# Touched by Magic -- paranormal fiction -- 4 stars -- 99c



## Tony Richards (Jul 6, 2011)

Touched by Magic: Human Dramas in the Paranormal World

_I sometimes write supernatural and modern fantasy fiction with a gentle touch, and these are 4 of my favorites. 'Hanako' came from an absolutely fascinating trip to the southern Japanese island of Kyushu (I'd already been to Tokyo a couple of years earlier). I_ knew _I had to write something about the place, and started work on the story just as soon as I'd got home and recovered from my jet-lag. 'Seeing' comes from my long-time love affair with London -- I once lived by a square exactly as described, not far from Hyde Park. 'After the Storm' comes from another trip, to Penang, Malaysia this time. I actually stayed at the famous and historic Eastern & Oriental Hotel, which features heavily in the story. And 'Angel' comes simply from my love of wild, atmospheric places like the moors of southwest England.
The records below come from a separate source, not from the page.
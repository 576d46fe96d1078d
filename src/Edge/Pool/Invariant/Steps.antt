-- ===== src/Edge/Pool/Invariant/Steps.antt =====
-- Every history of a pool, from NewPool on, keeps the invariant.
use caramelo.Common.{ℕ, List, [], ◌∷◌, Option, arith, All-mono}
use caramelo.Edge.{Route}
use caramelo.Edge.Pool.State.{RoutePool}
use caramelo.Edge.Pool.Install.{install, empty_pool, new_pool}
use caramelo.Edge.Pool.Requests.{Mark, begin, end, mark, sweep}
use caramelo.Edge.Pool.Pick.{pick}
use caramelo.Edge.Pool.Invariant.{
  IsSettled, PoolInv, after_begin, after_mark, begin-PoolInv, end-PoolInv,
}
use caramelo.Edge.Pool.Invariant.Marks.{mark-PoolInv}
use caramelo.Edge.Pool.Invariant.Sweeps.{sweep-PoolInv, pick-PoolInv}
use caramelo.Edge.Pool.Invariant.Install.{install-PoolInv}

-- The calls that change a pool, each with the clock's reading.
pub data PoolCall : Type 0 where
  picks : List ℕ → ℕ → PoolCall
  begins : ℕ → Option ℕ → PoolCall
  ends : ℕ → ℕ → ℕ → PoolCall
  marks : ℕ → Mark → PoolCall
  sweeps : ℕ → PoolCall
  installs : ℕ → ℕ → Route → PoolCall

unfoldable pub step : RoutePool → PoolCall → RoutePool
step p (picks skip now) = (pick skip now p).0
step p (begins replica cancel) = after_begin p (begin replica cancel p)
step p (ends now replica id) = (end now replica id p).pool
step p (marks now m) = after_mark p (mark now m p)
step p (sweeps now) = (sweep now p).pool
step p (installs now incarnations r) = (install now incarnations r p).pool

unfoldable pub run : RoutePool → List PoolCall → RoutePool
run p [] = p
run p (c ∷ cs) = run (step p c) cs

step-PoolInv : (p : RoutePool) (c : PoolCall) → PoolInv p → PoolInv (step p c)
unfolding step
step-PoolInv p (picks skip now) v = pick-PoolInv p v skip now
step-PoolInv p (begins replica cancel) v = begin-PoolInv replica cancel p v
step-PoolInv p (ends now replica id) v = end-PoolInv now replica id p v
step-PoolInv p (marks now m) v = mark-PoolInv now m p v
step-PoolInv p (sweeps now) v = sweep-PoolInv p v now
step-PoolInv p (installs now incarnations r) v =
    install-PoolInv now incarnations r p
      (All-mono (λ ts (h : IsSettled p.seq ts). h.numbered) p.targets v.each) v.few_marks

run-PoolInv : (p : RoutePool) (cs : List PoolCall) → PoolInv p → PoolInv (run p cs)
unfolding run
run-PoolInv p [] v = v
run-PoolInv p (c ∷ cs) v = run-PoolInv (step p c) cs (step-PoolInv p c v)

-- After any calls on a new pool: each draining target with no open connection has been reported as
-- drained, each connection number in use was given out, the drain time is positive, the pointer is
-- within the targets or 0, and at most 64 count marks are kept.
pub run-new_pool-PoolInv :
    (now incarnations drain_option : ℕ) (r : Route) (cs : List PoolCall)
    → PoolInv (run (new_pool now incarnations drain_option r).pool cs)
unfolding new_pool
run-new_pool-PoolInv now incarnations drain_option r cs =
    run-PoolInv _ cs
      (install-PoolInv now incarnations r (empty_pool drain_option r) tt (omega arith))
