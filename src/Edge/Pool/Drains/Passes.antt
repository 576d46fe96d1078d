-- ===== src/Edge/Pool/Drains/Passes.antt =====
-- The drains of a pool through `install` (internal/edge/pool.go).
use caramelo.Common.{
  ℕ, suc, ◌+◌, ◌≤◌, ◌≡◌, refl, inl, inr, List, [], ◌∷◌, ◌++◌, some, none, arith, length,
  length-append, sum_map, sum_map-append, Bool-cases, Option-cases, ◌==◌, nat_eq, insert, erase,
  lookup, loop, Bytes, if◌then◌else◌,
}
use caramelo.Edge.{Target, Route, Event, draining, state_eq, target_event}
use caramelo.Edge.Host.{normalize_host}
use caramelo.Edge.Pool.State.{Tracked, RoutePool, snapshot, drained}
use caramelo.Edge.Pool.Install.{
  Pass, by_replica, fresh, kept, if_draining, add_fresh, add_kept, reusable, install_target,
  insert_sorted, sort_tracked, is_idle, report_idle, report_all, idle_events, install_pass, install,
}
use caramelo.Edge.Pool.Invariant.Install.{reusable-eq-some}
use caramelo.Edge.Pool.Drains.{pending, outstanding, drains}

-- What is owed by the targets of a map.
owed : List (ℕ × Tracked) → ℕ
owed = sum_map (λ e. pending e.1)

owed-insert :
    (k : ℕ) (ts : Tracked) (m : List (ℕ × Tracked)) → owed (insert k ts m) ≤ pending ts + owed m
unfolding insert owed
owed-insert k ts [] = omega arith
owed-insert k ts ((j, x) ∷ m) = ground (arith, owed-insert k ts m)

owed-erase : (k : ℕ) (m : List (ℕ × Tracked)) → owed (erase k m) ≤ owed m
unfolding erase owed
owed-erase k [] = omega arith
owed-erase k ((j, x) ∷ m) = ground (arith, owed-erase k m)

erase-lookup :
    (k : ℕ) (m : List (ℕ × Tracked)) (ts : Tracked)
    → lookup k m ≡ some ts
    → owed (erase k m) + pending ts ≤ owed m
unfolding lookup erase owed
erase-lookup k [] ts e = cc
erase-lookup k ((j, x) ∷ m) ts e = elim (Bool-cases (j == k)) [
  | inl hit ↦ rw hit (let same : x ≡ ts = ground arith in rw same (omega (arith, owed-erase k m)))
  | inr miss ↦ rw miss (omega (arith, erase-lookup k m ts (ground arith)))
]

by_replica-owed :
    (old : List (ℕ × Tracked)) (tss : List Tracked)
    → owed (by_replica old tss) ≤ owed old + sum_map pending tss
unfolding by_replica
by_replica-owed old [] = omega arith
by_replica-owed old (ts ∷ tss) =
    omega (arith, owed-insert ts.t.replica ts old, by_replica-owed (insert ts.t.replica ts old) tss)

-- What an install leaves owed: the drains of the targets that it takes over in their state.
unfoldable pub carried : List (ℕ × Tracked) → List Target → ℕ
unfolding reusable pending
carried old [] = 0
carried old (want ∷ wants) = elim (reusable want (lookup want.replica old)) [
  | none ↦ carried old wants
  | some ts ↦
      (if ts.t.state == want.state then pending ts else 0) + carried (erase want.replica old) wants
]

carried-le : (old : List (ℕ × Tracked)) (wants : List Target) → carried old wants ≤ owed old
unfolding carried
carried-le old [] = omega arith
carried-le old (want ∷ wants) = elim (Option-cases (reusable want (lookup want.replica old))) [
  | inl e ↦ rw (e, carried) (carried-le old wants)
  | inr (ts, e) ↦
      rw (e, carried)
        (ground (
          arith,
          erase-lookup want.replica old ts (reusable-eq-some want _ ts e).0,
          carried-le (erase want.replica old) wants,
        ))
]

pending-fresh :
    (now incarnation : ℕ) (want : Target)
    → pending (fresh now incarnation want) ≡ length (if_draining (fresh now incarnation want).t)
unfolding pending fresh if_draining
pending-fresh now incarnation want = ground arith

pending-kept :
    (now : ℕ) (want : Target) (ts : Tracked) (ds : List Target)
    → let new = kept now want ts in
      pending new + length ds
      ≡ (if ts.t.state == want.state then pending ts else 0)
        + length (if ts.t.state == want.state then ds else ds ++ if_draining new.t)
unfolding pending kept if_draining
pending-kept now want ts ds = elim (Bool-cases (ts.t.state == want.state)) [
  | inl same ↦ ground (arith, state_eq.same_iff ts.t.state want.state)
  | inr changed ↦ elim (Bool-cases (want.state == draining)) [
    | inl drain ↦ ground (
      arith,
      length-append ds
          (record (ts.t) { detail = want.detail; state = want.state; since = now } ∷ []),
    )
    | inr other ↦ ground (arith, length-append ds [])
  ]
]

drains-append : (a b : List Event) → drains (a ++ b) ≡ drains a + drains b
unfolding drains
drains-append a b = sum_map-append _ a b

drains-target_event :
    (es : List Event) (host : Bytes) (t : Target) (at : ℕ)
    → drains (es ++ target_event host t at ∷ []) ≡ drains es
unfolding drains
drains-target_event es host t at = omega (arith, drains-append es (target_event host t at ∷ []))

-- Nothing is reported while the targets of a route are gone through.
install_target-drains :
    (host : Bytes) (now : ℕ) (pass : Pass) (want : Target)
    → drains (install_target host now pass want).events ≡ drains pass.events
unfolding install_target add_fresh add_kept
install_target-drains host now pass want =
    elim (Option-cases (reusable want (lookup want.replica pass.old))) [
      | inl e ↦ rw (e, install_target) (drains-target_event pass.events host _ now)
      | inr (ts, e) ↦ elim (Bool-cases (ts.t.state == want.state)) [
        | inl same ↦ rw (e, install_target) (rw same refl)
        | inr changed ↦
            rw (e, install_target) (rw changed (drains-target_event pass.events host _ now))
      ]
    ]

loop-drains :
    (host : Bytes) (now : ℕ) (pass : Pass) (wants : List Target)
    → drains (loop (install_target host now) pass wants).events ≡ drains pass.events
loop-drains host now pass [] = refl
loop-drains host now pass (want ∷ wants) = omega (
  arith,
  loop-drains host now (install_target host now pass want) wants,
  install_target-drains host now pass want,
)

install_target-carried :
    (host : Bytes) (now : ℕ) (pass : Pass) (want : Target) (wants : List Target)
    → let done = install_target host now pass want in
      sum_map pending done.next + length pass.draining + carried done.old wants
      ≡ sum_map pending pass.next + carried pass.old (want ∷ wants) + length done.draining
unfolding install_target add_fresh add_kept carried
install_target-carried host now pass want wants =
    elim (Option-cases (reusable want (lookup want.replica pass.old))) [
      | inl e ↦
          let new = fresh now (suc pass.incarnations) want in
          rw (e, install_target, carried)
            (omega (
              arith,
              pending-fresh now (suc pass.incarnations) want,
              sum_map-append pending pass.next (new ∷ []),
              length-append pass.draining (if_draining new.t),
            ))
      | inr (ts, e) ↦
          rw (e, install_target, carried)
            (omega (
              arith,
              pending-kept now want ts pass.draining,
              sum_map-append pending pass.next (kept now want ts ∷ []),
            ))
    ]

loop-carried :
    (host : Bytes) (now : ℕ) (pass : Pass) (wants : List Target)
    → let done = loop (install_target host now) pass wants in
      sum_map pending done.next + length pass.draining
      ≡ sum_map pending pass.next + carried pass.old wants + length done.draining
unfolding carried
loop-carried host now pass [] = omega arith
loop-carried host now pass (want ∷ wants) = omega (
  arith,
  loop-carried host now (install_target host now pass want) wants,
  install_target-carried host now pass want wants,
)

insert_sorted-pending :
    (ts : Tracked) (xs : List Tracked)
    → sum_map pending (insert_sorted ts xs) ≡ pending ts + sum_map pending xs
unfolding insert_sorted
insert_sorted-pending ts [] = refl
insert_sorted-pending ts (x ∷ xs) = ground (arith, insert_sorted-pending ts xs)

sort_tracked-pending : (xs : List Tracked) → sum_map pending (sort_tracked xs) ≡ sum_map pending xs
unfolding sort_tracked
sort_tracked-pending [] = refl
sort_tracked-pending (x ∷ xs) =
    omega (arith, insert_sorted-pending x (sort_tracked xs), sort_tracked-pending xs)

-- What is reported at the end of an install is owed no longer.
report_all-pending :
    (host : Bytes) (now : ℕ) (tss : List Tracked)
    → drains (idle_events host now tss) + sum_map pending (report_all tss) ≡ sum_map pending tss
unfolding idle_events report_all report_idle is_idle drains pending drained
report_all-pending host now [] = refl
report_all-pending host now (ts ∷ tss) = ground (arith, report_all-pending host now tss)

pub install-outstanding :
    (now incarnations : ℕ) (r : Route) (p : RoutePool)
    → let done = install now incarnations r p in
      drains done.events + outstanding done.pool
      ≡ carried (by_replica [] p.targets) r.targets + length done.draining
unfolding install snapshot install_pass outstanding drains carried
install-outstanding now incarnations r p =
    let host = normalize_host r.host in
    let pass = install_pass now incarnations r p in
    let from : Pass = record {
      old = by_replica [] p.targets;
      incarnations = incarnations;
      next = [];
      events = [];
      draining = [];
    } in
    omega (
      arith,
      loop-drains host now from r.targets,
      loop-carried host now from r.targets,
      drains-append pass.events (idle_events host now (sort_tracked pass.next)),
      sort_tracked-pending pass.next,
      report_all-pending host now (sort_tracked pass.next),
    )

pub carried-outstanding :
    (r : Route) (p : RoutePool) → carried (by_replica [] p.targets) r.targets ≤ outstanding p
unfolding outstanding owed
carried-outstanding r p =
    omega (arith, carried-le (by_replica [] p.targets) r.targets, by_replica-owed [] p.targets)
It's a cliche, I know, but if you enjoy reading these tales half as much as I enjoyed writing them, you'll like them a lot._

HANAKO FROM MIYAZAKI -- A Western businessman meets a beautiful young Japanese woman during a rainstorm in the seething heart of Tokyo and falls for her, but once the storm ends she vanishes. And the hunt to find her again leads him to the tropical southern island of Kyushu -- and a rendezvous with fate.

SEEING -- A young woman finds out that she can see through other people's eyes in the heart of London town.

AFTER THE STORM -- A pair of wartime lovers keep their romance alive long beyond death on the island of Penang, Malaysia.

THE TAPPLEWORTH ANGEL -- Out on the wild Devon moors, there is the legend of an angel occasionally appearing. But when a houseguest spots it, it begins to affect both his life and the married couple he is staying with.

Stories of relationships, conflict, and romance -- all with hints of haunting strangeness -- by a writer shortlisted for the British Fantasy Award.

READ A REVIEW

"Richards is a master" -- Romantic Times Book Reviews.

"A unique and eloquent voice" -- John Pelan.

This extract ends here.